— Task —
Provide again, from the entries below, every line from the one containing "IsInstanced-trans (ensure_params-IsInstanced (ensure_type" through the one containing "((process_body-Instances (suc f)).state", exactly as written, and no other line.

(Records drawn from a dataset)

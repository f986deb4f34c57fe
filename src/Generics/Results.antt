-- ===== src/Generics/Results.antt =====
-- What `GenericEngine::monomorphize` (Compiler/generics.cpp) gives.
use noe_code.Prelude.{
  In, ℕ, suc, ◌≡◌, refl, sym, ap, subst, inl, inr, true, false, List, [], ◌∷◌, ◌++◌, Text, map, All,
  All-append, All-mono, Bool-cases, if_both,
}
use noe_code.Ast.{
  Diagnostic, FunctionDecl, RecordDecl, TopLevel, function_decl, record_decl, import_decl,
  module_decl, statement,
}
use noe_code.Generics.State.{GenericSyntax, Monomorphizer, is_generic, ensure_type}
use noe_code.Generics.Calls.{env_of, ensure_opt, process_call}
use noe_code.Generics.Monomorphize.{
  process_body, process_top, process_tops, is_template, start_monomorphizer, monomorphize,
  ensure_params,
}
use noe_code.Generics.Ensured.{Appended, ensure_type-Ensures}
use noe_code.Generics.Unchanged.{find_text-All}
use noe_code.Generics.Instantiated.{
  names, IsCopy, IsInstanceOf, AreInstances, IsCached, IsInstanced, IsInstanced-refl,
  IsInstanced-trans, IsEnsured-IsInstanced, In-right,
}
use noe_code.Generics.Collected.{AreFrom, collect_declarations-IsCollected}
use noe_code.Generics.CallSteps.{ensure_opt-IsEnsured, process_call-IsCall}
use noe_code.Generics.WalkSteps.{
  process_stmt-IsInstanced, ensure_params-IsInstanced, ensure_fields-IsInstanced,
  process_body-Instances,
}

-- A copy of a generic function that the program declares.
pub record IsMadeFrom (ts : List TopLevel) (g : FunctionDecl) : Type 0 where
  pub template : FunctionDecl
  pub declared : In (function_decl template) ts
  pub generic : is_generic template.generic_params ≡ true
  pub copy : IsCopy template g

-- A declaration that is no generic function.
abbrev pub IsInstance : TopLevel → Type 0
IsInstance (function_decl f) = is_generic f.generic_params ≡ false
IsInstance t = Unit

-- The names of the functions of a program.
unfoldable pub function_names : List TopLevel → List Text
function_names [] = []
function_names (function_decl f ∷ ts) = f.name ∷ function_names ts
function_names (t ∷ ts) = function_names ts

process_top-IsInstanced :
    (f : ℕ) (t : TopLevel) (m : Monomorphizer) → IsInstanced m (process_top f t m).1
unfolding process_top
process_top-IsInstanced f (function_decl g) m =
    let params = ensure_params (ensure_type f) g.params m in
    IsInstanced-trans (ensure_params-IsInstanced (ensure_type f) (ensure_type-Ensures f) g.params m)
      (IsInstanced-trans
        (IsEnsured-IsInstanced
          (ensure_opt-IsEnsured (ensure_type f) (ensure_type-Ensures f) g.return_type params))
        ((process_body-Instances (suc f)).state g.body (env_of g.params [])
          (ensure_opt (ensure_type f) g.return_type params)))
process_top-IsInstanced f (record_decl r) m =
    ensure_fields-IsInstanced (ensure_type f) (ensure_type-Ensures f) r.fields m
process_top-IsInstanced f (statement s) m =
    process_stmt-IsInstanced (ensure_type f) (ensure_type-Ensures f)
      (process_call (ensure_type f) (process_body f))
      (λ sp e ts n.
        (process_call-IsCall (ensure_type f) (ensure_type-Ensures f) (process_body f)
          (process_body-Instances f) sp e ts n).0)
      s [] m
process_top-IsInstanced f (import_decl sp x) m = IsInstanced-refl m
process_top-IsInstanced f (module_decl sp x) m = IsInstanced-refl m

process_tops-IsInstanced :
    (f : ℕ) (syntax : GenericSyntax) (ts : List TopLevel) (m : Monomorphizer)
    → IsInstanced m (process_tops f syntax ts m).1
unfolding process_tops
process_tops-IsInstanced f syntax [] m = IsInstanced-refl m
process_tops-IsInstanced f syntax (t ∷ ts) m =
    if_both (λ (r : List TopLevel × Monomorphizer). IsInstanced m r.1) (is_template syntax t)
      (process_tops-IsInstanced f syntax ts m)
      (IsInstanced-trans (process_top-IsInstanced f t m)
        (process_tops-IsInstanced f syntax ts (process_top f t m).1))

process_top-IsInstance :
    (f : ℕ) (syntax : GenericSyntax) (t : TopLevel) (m : Monomorphizer)
    → is_template syntax t ≡ false
    → IsInstance (process_top f t m).0
unfolding process_top is_template
process_top-IsInstance f syntax (function_decl g) m h = h
process_top-IsInstance f syntax (record_decl r) m h = tt
process_top-IsInstance f syntax (statement s) m h = tt
process_top-IsInstance f syntax (import_decl sp x) m h = tt
process_top-IsInstance f syntax (module_decl sp x) m h = tt

process_tops-IsInstance :
    (f : ℕ) (syntax : GenericSyntax) (ts : List TopLevel) (m : Monomorphizer)
    → All IsInstance (process_tops f syntax ts m).0
unfolding process_tops
process_tops-IsInstance f syntax [] m = tt
process_tops-IsInstance f syntax (t ∷ ts) m = elim (Bool-cases (is_template syntax t)) [
  | inl e ↦ rw (e, process_tops) (process_tops-IsInstance f syntax ts m)
  | inr e ↦
      rw (e, process_tops)
        (
          process_top-IsInstance f syntax t m e,
          process_tops-IsInstance f syntax ts (process_top f t m).1,
        )
]

records-IsInstance : (rs : List RecordDecl) → All IsInstance (map record_decl rs)
records-IsInstance [] = tt
records-IsInstance (r ∷ rs) = (tt, records-IsInstance rs)

functions-IsInstance :
    (ts : List TopLevel) (fs : List FunctionDecl)
    → All (IsMadeFrom ts) fs
    → All IsInstance (map function_decl fs)
functions-IsInstance ts [] h = tt
functions-IsInstance ts (f ∷ fs) (h, k) = (h.copy.concrete, functions-IsInstance ts fs k)

instances-AreMade :
    (ts : List TopLevel) (functions : List (Text × FunctionDecl)) (gs : List FunctionDecl)
    → AreFrom ts functions
    → All (IsInstanceOf functions) gs
    → All (IsMadeFrom ts) gs
instances-AreMade ts functions gs h k =
    All-mono gs
      (λ g i. record {
        template = i.template;
        declared =
            find_text-All (λ (f : FunctionDecl). In (function_decl f) ts) functions i.called
              i.template h i.found;
        generic = i.generic;
        copy = i.copy;
      })
      k

function_names-append :
    (ts us : List TopLevel) → function_names (ts ++ us) ≡ function_names ts ++ function_names us
unfolding function_names
function_names-append [] us = refl
function_names-append (function_decl f ∷ ts) us =
    ap (λ (l : List Text). f.name ∷ l) (function_names-append ts us)
function_names-append (record_decl r ∷ ts) us = function_names-append ts us
function_names-append (import_decl sp x ∷ ts) us = function_names-append ts us
function_names-append (module_decl sp x ∷ ts) us = function_names-append ts us
function_names-append (statement s ∷ ts) us = function_names-append ts us

function_names-records :
    (rs : List RecordDecl) (fs : List FunctionDecl)
    → function_names (map record_decl rs ++ map function_decl fs) ≡ names fs
unfolding function_names
function_names-records [] [] = refl
function_names-records [] (f ∷ fs) =
    ap (λ (l : List Text). f.name ∷ l) (function_names-records [] fs)
function_names-records (r ∷ rs) fs = function_names-records rs fs

-- `monomorphize` leaves no generic function among the declarations of the program; every function that
-- it makes is a copy of a generic function that the program declares, with types put in for the generic
-- parameters in its parameters, its result and its body, where only the names of callees in the body may
-- differ; every name that its cache has for an instance, which is what calls are led to, is the name of
-- a function among the declarations; and it keeps every diagnostic that there was, in order, and puts
-- its own behind them. Nothing is said of declarations inside of functions.
pub monomorphize-instances :
    (fuel : ℕ) (syntax : GenericSyntax) (ts : List TopLevel) (items : List Diagnostic)
    → All IsInstance (monomorphize fuel syntax ts items).0
      × All (IsMadeFrom ts) (monomorphize fuel syntax ts items).1.instances
      × All
          (λ (p : Text × Text). In p.1 (function_names (monomorphize fuel syntax ts items).0))
          (monomorphize fuel syntax ts items).1.cache
      × Appended items (monomorphize fuel syntax ts items).1.diagnostics
unfolding monomorphize start_monomorphizer
monomorphize-instances fuel syntax ts items =
    let start = start_monomorphizer syntax ts items in
    let c = collect_declarations-IsCollected ts syntax ts _ (λ t k. k) in
    let r = process_tops fuel syntax ts start in
    let p = process_tops-IsInstanced fuel syntax ts start in
    let none_yet : AreInstances start =
      subst (λ (gs : List FunctionDecl). All (IsInstanceOf start.functions) gs) (sym c.instances)
        tt in
    let empty_cache : IsCached start =
      subst
        (λ (l : List (Text × Text)). All (λ (q : Text × Text). In q.1 (names start.instances)) l)
        (sym c.cache) tt in
    let copies : All (IsMadeFrom ts) r.1.instances =
      instances-AreMade ts r.1.functions r.1.instances
        (subst (AreFrom ts) (sym p.functions) (c.functions tt)) (p.copies none_yet) in
    let made = map record_decl r.1.record_instances ++ map function_decl r.1.instances in
    (
      All-append IsInstance r.0 made (process_tops-IsInstance fuel syntax ts start) (
          All-append IsInstance (map record_decl r.1.record_instances)
            (map function_decl r.1.instances) (records-IsInstance r.1.record_instances)
            (functions-IsInstance ts r.1.instances copies)),
      copies,
      All-mono r.1.cache
          (λ q h. subst (In q.1) (sym (function_names-append r.0 made)) (
            In-right q.1 (function_names r.0) (function_names made)
              (subst (In q.1) (sym (function_names-records r.1.record_instances r.1.instances)) h)))
          (p.cached empty_cache),
      subst (λ (l : List Diagnostic). Appended l r.1.diagnostics) c.reports p.reports,
    )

— The completed task —
    IsInstanced-trans (ensure_params-IsInstanced (ensure_type f) (ensure_type-Ensures f) g.params m)
      (IsInstanced-trans
        (IsEnsured-IsInstanced
          (ensure_opt-IsEnsured (ensure_type f) (ensure_type-Ensures f) g.return_type params))
        ((process_body-Instances (suc f)).state g.body (env_of g.params [])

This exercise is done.